[R] fitting Markov chains

Thu Oct 2 10:54:10 CEST 2003

>>>>> "Tamas" == Tamas Papp <tpapp at axelero.hu>
>>>>>     on Wed, 1 Oct 2003 17:14:51 +0200 writes:

    Tamas> I need to find a computationally simple process for the movement of
    Tamas> interest rates. In this simplified model, an interest rate can have
    Tamas> 3--5 possible values, and its movement is characterized by a matrix of
    Tamas> transition probabilities (ie, it is a Markov process).

    Tamas> I would like to estimate this process from a given set of data. 

    Tamas> For example, let the interest rate time series be:

    Tamas> 7 3 8 2 5 9 6

    Tamas> Assume that the discretized variable can take the following values:
    Tamas> (3, 5, 8), then we find the nearest discrete point and give its index:

    Tamas> 3 1 3 1 2 3 2

    Tamas> Then estimate the transition probabilities.

    Tamas> I have the following questions:

    Tamas> - how should I select the discrete set of values that the variable can
    Tamas> assume? Eg simply get the maximum and minimum, and divide this
    Tamas> interval into, say, three pieces? Or estimate the mean, and make the
    Tamas> other two values mean plus-minus one standard deviation?

(see below)

    Tamas> - once the variable is discretized, how do I
    Tamas>   transform each data point to its discretized value
    Tamas>   (its index)?

that's the trivial part of answering your questions:  Use  cut()

    Tamas> - the most important: how should I estimate the transition
    Tamas> probabilities?

We (mainly Peter Buhlmann and his coworkers) have had good experiences
with discretizing such financial time series and then fitting so
called "Variable Length Markov Chains" (VLMCs).

To your 1st question: When doing so, one easy (and robust!)
approach was to use the sample quantiles (of the marginal
distribution), e.g. use the three quartiles,
 quantile(x, prob = (1:3)/4)  as cut points {in cut(), above}.
Much less easy is to determine how *many* values you want to
chose for cutting.  I think they have rarely used many pieces,
sometimes even had good results with binary discretization ---
iff used with VLMCs.

So this comes back to the question of model estimation.
A VLMC does *not* assume first-order Markov {as you do above},
but rather allows to look further back into the past, something
quite realistic in some cases. Now the "VL" part, "Variable
Length" is the novel idea of a past the length of which
*depends* on your current state (context).

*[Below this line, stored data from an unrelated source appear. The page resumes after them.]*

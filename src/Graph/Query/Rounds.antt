-- ===== src/Graph/Query/Rounds.antt =====
-- The measure of the search, and the rule for the invariants of its loop.
use ligp_v.Prelude.{
  ℕ, zero, suc, ◌+◌, ◌≡◌, ◌⊎◌, ◌≤◌, refl, true, false, Option, List, [], ◌∷◌, ◌++◌, arith,
  if◌then◌else◌, String, contains, contains-append, string_eq, ◌==◌, eq_iff, ap, inl, inr,
  Option-cases, Bool-cases, length, length-append, All,
}
use ligp_v.Dict.{Dict, get, keys, member}
use ligp_v.Graph.Store.{Edge, GraphStore}
use ligp_v.Graph.Store.Valid.{IsWell, AllFit}
use ligp_v.Graph.Query.{Search, found, out_edges, offer, scan, round, loop}
use ligp_v.Graph.Query.Offers.{news, visited-offer, frontier-offer}

pub List-cases {ℓ} :
    {A : Type ℓ} (xs : List A) → (xs ≡ []) ⊎ ((x : A) × (rest : List A) × (xs ≡ x ∷ rest))
List-cases [] = inl refl
List-cases (x ∷ xs) = inr (x, xs, refl)

-- The names of a list that are not in another.
abbrev pub unseen : List String → List String → ℕ
unseen visited [] = 0
unseen visited (k ∷ ks) =
    let rest = unseen visited ks in if contains visited k then rest else suc rest

pub unseen-le : (visited ks : List String) → unseen visited ks ≤ length ks
unseen-le visited [] = omega arith
unseen-le visited (k ∷ ks) = ground (arith, unseen-le visited ks)

unseen_grow :
    (visited ks : List String) (v : String) → unseen (visited ++ v ∷ []) ks ≤ unseen visited ks
unseen_grow visited [] v = omega arith
unseen_grow visited (k ∷ ks) v =
    ground (arith, unseen_grow visited ks v, contains-append visited (v ∷ []) k)

unseen-append :
    (visited ks : List String) (v : String)
    → contains visited v ≡ false
    → contains ks v ≡ true
    → unseen (visited ++ v ∷ []) ks + 1 ≤ unseen visited ks
unseen-append visited [] v new there = ground arith
unseen-append visited (k ∷ ks) v new there = elim (Bool-cases (k == v)) [
  | inl same ↦
      let node : k ≡ v = (eq_iff k v).0 same in
      let at : contains (visited ++ v ∷ []) k ≡ true =
        ground (arith, contains-append visited (v ∷ []) k, eq_iff k v, eq_iff v k) in
      let before : contains visited k ≡ false = rw node new in
      rw (at, before) (omega (arith, unseen_grow visited ks v))
  | inr other ↦ ground (
    arith,
    unseen-append visited ks v new,
    contains-append visited (v ∷ []) k,
    eq_iff k v,
    eq_iff v k,
  )
]

module _ {V : Type 0} where
  contains-keys : (d : Dict String V) (k : String) → member k d ≡ true → contains (keys d) k ≡ true
  unfolding get
  contains-keys [] k h = ground arith
  contains-keys ((j, v) ∷ d) k h = ground (arith, contains-keys d k)

  pub length-keys : (d : Dict String V) → length (keys d) ≡ length d
  length-keys [] = refl
  length-keys ((j, v) ∷ d) = ap suc (length-keys d)

module _ {W : Type 0} (g : GraphStore W) (relation : Option String) (max_hops : ℕ) where
  -- A round takes one entry and queues only names it marks, so this falls.
  abbrev pub work : Search W → ℕ
  work s = unseen s.visited (keys g.nodes) + length s.frontier

  work-offer :
      (depth : ℕ) (e : Edge W) (s : Search W)
      → member e.to_node g.nodes ≡ true
      → work (offer relation depth e s) ≤ work s
  work-offer depth e s there = elim (Bool-cases (news relation e s)) [
    | inl hit ↦
        rw (frontier-offer relation depth e s, visited-offer relation depth e s, hit)
          (omega (
            arith,
            length-append s.frontier ((e.to_node, depth + 1) ∷ []),
            unseen-append s.visited (keys g.nodes) e.to_node (ground (arith, hit))
                (contains-keys g.nodes e.to_node there),
          ))
    | inr miss ↦
        rw (frontier-offer relation depth e s, visited-offer relation depth e s, miss) (omega arith)
  ]

  -- Every edge leads to a node.
  abbrev EndsIn : List (Edge W) → Type 0
  EndsIn = All (λ e. member e.to_node g.nodes ≡ true)

  work-scan :
      (depth : ℕ) (es : List (Edge W)) (s : Search W)
      → EndsIn es
      → work (scan relation depth es s) ≤ work s
  unfolding scan
  work-scan depth [] s h = omega arith
  work-scan depth (e ∷ es) s (there, h) =
      omega (arith, work-scan depth es (offer relation depth e s) h, work-offer depth e s there)

  EndsIn-fit : (u : String) (es : List (Edge W)) → AllFit g.nodes u es → EndsIn es
  EndsIn-fit u [] h = tt
  EndsIn-fit u (e ∷ es) ((from, to, rel), h) = (to, EndsIn-fit u es h)

  EndsIn-out_edges : IsWell g → (u : String) → EndsIn (out_edges u g)
  unfolding out_edges
  EndsIn-out_edges well u = elim (Option-cases (get u g.adj)) [
    | inl empty ↦ rw empty tt
    | inr (es, at) ↦ rw at (EndsIn-fit u es (well.sound u es at))
  ]

  work-round :
      (u : String) (depth : ℕ) (s : Search W)
      → IsWell g
      → work (round relation max_hops g u depth s) ≤ work s
  unfolding round
  work-round u depth s well =
      ground (arith, work-scan depth (out_edges u g) s (EndsIn-out_edges well u))

  pub loop_ends :
      (fuel : ℕ) (s : Search W)
      → IsWell g
      → work s ≤ fuel
      → (t : Search W) × (loop fuel relation max_hops g s ≡ found t)
  unfolding loop
  loop_ends zero s well h = elim (List-cases s.frontier) [
    | inl done ↦ (s, ground arith)
    | inr (p, rest, more) ↦ absurd (omega (arith, ap length more))
  ]
  loop_ends (suc fuel) s well h = elim (List-cases s.frontier) [
    | inl done ↦ (s, ground arith)
    | inr (p, rest, more) ↦
        let fits = work-round p.0 p.1 (record s { frontier = rest }) well in
        let (t, ends) =
          loop_ends fuel (round relation max_hops g p.0 p.1 (record s { frontier = rest })) well
            (omega (arith, fits, ap length more)) in
        (t, ground arith)
  ]

  -- What a round keeps holds at the end, where the frontier is empty.
  pub loop_rule :
      (P : Search W → Type 0)
      → ((s : Search W) (u : String) (depth : ℕ) (rest : List (String × ℕ))
          → P s
          → s.frontier ≡ (u, depth) ∷ rest
          → P (round relation max_hops g u depth (record s { frontier = rest })))
      → (fuel : ℕ) (s t : Search W) → P s
      → loop fuel relation max_hops g s ≡ found t
      → P t × (t.frontier ≡ [])
  unfolding loop
  loop_rule P keep zero s t p h = ground arith
  loop_rule P keep (suc fuel) s t p h = elim (List-cases s.frontier) [
    | inl done ↦ ground arith
    | inr ((u, depth), rest, more) ↦
        loop_rule P keep fuel (round relation max_hops g u depth (record s { frontier = rest })) t
          (keep s u depth rest p more) (rw (more, loop) at h)
  ]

There's the CRAN package "VLMC" 
  (http://cran.r-project.org/src/contrib/PACKAGES.html#VLMC)
and we have an applied paper 
    Mächler, M. and Bühlmann, P. (2003). 
    Variable Length Markov Chains: Methodology, Computing and Software.
    To appear in Journal of Computational and Graphical Statistics.

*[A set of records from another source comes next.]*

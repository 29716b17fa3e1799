-- ===== src/Graph/Query/Neighbors.antt =====
-- The soundness of the search: the walks behind what it has found.
use mathlib.Core.List.{Memᴰ}
use mathlib.Core.Path.{subst, ◌∙◌}
use ligp_v.Prelude.{
  ℕ, ◌+◌, ◌≡◌, ◌≤◌, ◌<◌, refl, true, Option, some, List, [], ◌∷◌, arith, String, is_some, string_eq,
  ◌==◌, eq_iff, leb, inl, inr, Bool-cases, All,
}
use ligp_v.Dict.{Dict, get, put, keys, values}
use ligp_v.Graph.Store.{Node, Edge, GraphStore, get_node, num_nodes}
use ligp_v.Graph.Store.Valid.{IsWell}
use ligp_v.Graph.Query.{
  Row, Search, found, out_edges, follows, offer, scan, round, loop, start, get_neighbors,
}
use ligp_v.Graph.Query.Walks.{Walk}
use ligp_v.Graph.Query.Offers.{news, frontier-offer}
use ligp_v.Graph.Query.Rounds.{loop_ends, loop_rule, unseen-le, length-keys}
use ligp_v.Graph.Query.Walks.{results-offer}
use ligp_v.Prelude.{All-append}

module _ {W : Type 0} (g : GraphStore W) (relation : Option String) (max_hops : ℕ)
    (src : String) where
  -- A row, under its key, tells of a walk within the limit.
  abbrev pub Backed : String × Row W → Type 0
  Backed p = (p.0 ≡ p.1.node_id) × (p.1.hops ≤ max_hops) × Walk g relation src p.1.hops p.1.node_id

  -- What the search has found so far is backed by walks.
  pub record IsSound (s : Search W) : Type 0 where
    pub rows : All Backed s.results
    pub ways : All (λ p. Walk g relation src p.1 p.0) s.frontier

  Backed-put :
      (k : String) (r : Row W) (d : Dict String (Row W))
      → Backed (k, r)
      → All Backed d
      → All Backed (put k r d)
  unfolding put
  Backed-put k r [] b h = (b, tt)
  Backed-put k r ((j, x) ∷ d) b (c, h) = elim (Bool-cases (j == k)) [
    | inl same ↦ rw same (((eq_iff j k).0 same ∙ b.0, b.1, b.2), h)
    | inr other ↦ rw other (c, Backed-put k r d b h)
  ]

  IsSound-offer :
      (depth : ℕ) (e : Edge W) (s : Search W) (u : String)
      → depth < max_hops
      → Walk g relation src depth u
      → Memᴰ e (out_edges u g)
      → IsSound s
      → IsSound (offer relation depth e s)
  IsSound-offer depth e s u below way m i = elim (Bool-cases (follows relation e)) [
    | inr other ↦ record {
      rows = rw (results-offer src relation depth e s, other) i.rows;
      ways = rw (frontier-offer relation depth e s, other) i.ways;
    }
    | inl hit ↦
        let step : Walk g relation src (depth + 1) e.to_node =
          subst (λ n. Walk g relation src n e.to_node) (omega arith)
            (Walk.next way (e, m, hit, refl)) in
        record {
          rows = rows_followed depth e s below hit step i.rows;
          ways = ways_followed depth e s step i.ways;
        }
  ]
    where
      rows_followed :
          (depth : ℕ) (e : Edge W) (s : Search W)
          → depth < max_hops
          → follows relation e ≡ true
          → Walk g relation src (depth + 1) e.to_node
          → All Backed s.results
          → All Backed (offer relation depth e s).results
      rows_followed depth e s below hit step h =
          elim (Bool-cases (is_some (get e.to_node s.results))) [
            | inl old ↦ rw (results-offer src relation depth e s, hit, old) h
            | inr new ↦
                rw (results-offer src relation depth e s, hit, new)
                  (Backed-put e.to_node _ s.results (refl, omega arith, step) h)
          ]

      ways_followed :
          (depth : ℕ) (e : Edge W) (s : Search W)
          → Walk g relation src (depth + 1) e.to_node
          → All (λ p. Walk g relation src p.1 p.0) s.frontier
          → All (λ p. Walk g relation src p.1 p.0) (offer relation depth e s).frontier
      ways_followed depth e s step h = elim (Bool-cases (news relation e s)) [
        | inl hit ↦
            rw (frontier-offer relation depth e s, hit)
              (All-append (λ p. Walk g relation src p.1 p.0) s.frontier
                ((e.to_node, depth + 1) ∷ []) h (step, tt))
        | inr miss ↦ rw (frontier-offer relation depth e s, miss) h
      ]

  IsSound-scan :
      (depth : ℕ) (es : List (Edge W)) (s : Search W) (u : String)
      → depth < max_hops
      → Walk g relation src depth u
      → ((e : Edge W) → Memᴰ e es → Memᴰ e (out_edges u g))
      → IsSound s
      → IsSound (scan relation depth es s)
  unfolding scan
  IsSound-scan depth [] s u below way sub i = i
  IsSound-scan depth (e ∷ es) s u below way sub i =
      IsSound-scan depth es (offer relation depth e s) u below way (λ x m. sub x (Memᴰ.tail m))
        (IsSound-offer depth e s u below way (sub e (Memᴰ.head refl)) i)

  IsSound-round :
      (s : Search W) (u : String) (depth : ℕ) (rest : List (String × ℕ))
      → IsSound s
      → s.frontier ≡ (u, depth) ∷ rest
      → IsSound (round relation max_hops g u depth (record s { frontier = rest }))
  unfolding round
  IsSound-round s u depth rest i at =
      let (way, ways) : All (λ p. Walk g relation src p.1 p.0) ((u, depth) ∷ rest) =
        subst (All (λ p. Walk g relation src p.1 p.0)) at i.ways in
      let now : IsSound (record s { frontier = rest }) = record { rows = i.rows; ways = ways } in
      elim (Bool-cases (leb max_hops depth)) [
        | inl last ↦ rw last now
        | inr inner ↦ rw inner (
            IsSound-scan depth (out_edges u g) (record s { frontier = rest }) u (ground arith) way
              (λ e m. m) now)
      ]

module _ {W : Type 0} where
  IsSound-start :
      (g : GraphStore W) (relation : Option String) (max_hops : ℕ) (src : String)
      → IsSound g relation max_hops src (start src)
  IsSound-start g relation max_hops src = record { rows = tt; ways = (Walk.here, tt) }

  pub get_neighbors_ends :
      (node_id : String) (relation : Option String) (max_hops : ℕ) (g : GraphStore W) (n : Node W)
      → IsWell g
      → get_node node_id g ≡ some n
      → (s : Search W) × (loop (num_nodes g + 1) relation max_hops g (start node_id) ≡ found s)
        × (get_neighbors node_id relation max_hops g ≡ found (values s.results))
  unfolding get_neighbors num_nodes
  get_neighbors_ends node_id relation max_hops g n well there =
      let (s, ends) =
        loop_ends g relation max_hops (num_nodes g + 1) (start node_id) well
          (omega (arith, unseen-le (node_id ∷ []) (keys g.nodes), length-keys g.nodes)) in
      (s, ends, ground arith)

  pub IsSound-loop :
      (node_id : String) (relation : Option String) (max_hops : ℕ) (g : GraphStore W) (s : Search W)
      → loop (num_nodes g + 1) relation max_hops g (start node_id) ≡ found s
      → IsSound g relation max_hops node_id s
  IsSound-loop node_id relation max_hops g s ends =
      (loop_rule g relation max_hops (IsSound g relation max_hops node_id)
        (IsSound-round g relation max_hops node_id) (num_nodes g + 1) (start node_id) s
        (IsSound-start g relation max_hops node_id) ends).0

  Backed-values :
      (g : GraphStore W) (relation : Option String) (max_hops : ℕ) (src : String)
      (d : Dict String (Row W))
      → All (Backed g relation max_hops src) d
      → All (λ r. (r.hops ≤ max_hops) × Walk g relation src r.hops r.node_id) (values d)
  Backed-values g relation max_hops src [] h = tt
  Backed-values g relation max_hops src (p ∷ d) ((k, b, w), h) =
      ((b, w), Backed-values g relation max_hops src d h)

  -- On a well-formed store and a node of it the search ends with rows, and each row is the end of a
  -- walk of `hops` edges from the node, at most `max_hops` of them, whose edges have the relation
  -- asked for, if one is asked for.
  pub get_neighbors_lem :
      (node_id : String) (relation : Option String) (max_hops : ℕ) (g : GraphStore W) (n : Node W)
      → IsWell g
      → get_node node_id g ≡ some n
      → (rows : List (Row W)) × (get_neighbors node_id relation max_hops g ≡ found rows)
        × All (λ r. (r.hops ≤ max_hops) × Walk g relation node_id r.hops r.node_id) rows
  get_neighbors_lem node_id relation max_hops g n well there =
      let (s, ends, gives) = get_neighbors_ends node_id relation max_hops g n well there in
      let sound = IsSound-loop node_id relation max_hops g s ends in
      (values s.results, gives, Backed-values g relation max_hops node_id s.results sound.rows)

a pre-version of which you can get from
  http://stat.ethz.ch/Research-Reports/104.html

The paper contains references to the fundamental (mathematical) 
research on this.

    Tamas> References to introductory literature on estimating Markov chains like
    Tamas> this would be welcome. Most importantly, I need to know how robust an
    Tamas> estimation is to selecting the discrete points, or is there a simple
    Tamas> "goodness of fit" estimation.

Using  quantiles  instead of  mean/sd  for chosing cut points is
certainly robust.
one goodness of fit (GOF) measure we (also use with VLMCs) is 
`the'  AIC (-2 log likelihood). However you can only use it to compare
nested models; which doesn't help you here (I think) for chosing
the number of cutpoints. 
More applied is to use predictions {from a fitted model} and
compare them with the actual values.  Because of discretization
you get a confusion matrix on which you can consider quite a few
different GOF measures.  For realistic GOF measurement you also
need to do something like crossvalidation which in its simplest
case would be to work with "training" and "testing" data.

The whole topic is not at all trivial.
We had one Ph.D. thesis on this (plus extensions..).
Hoping this helps.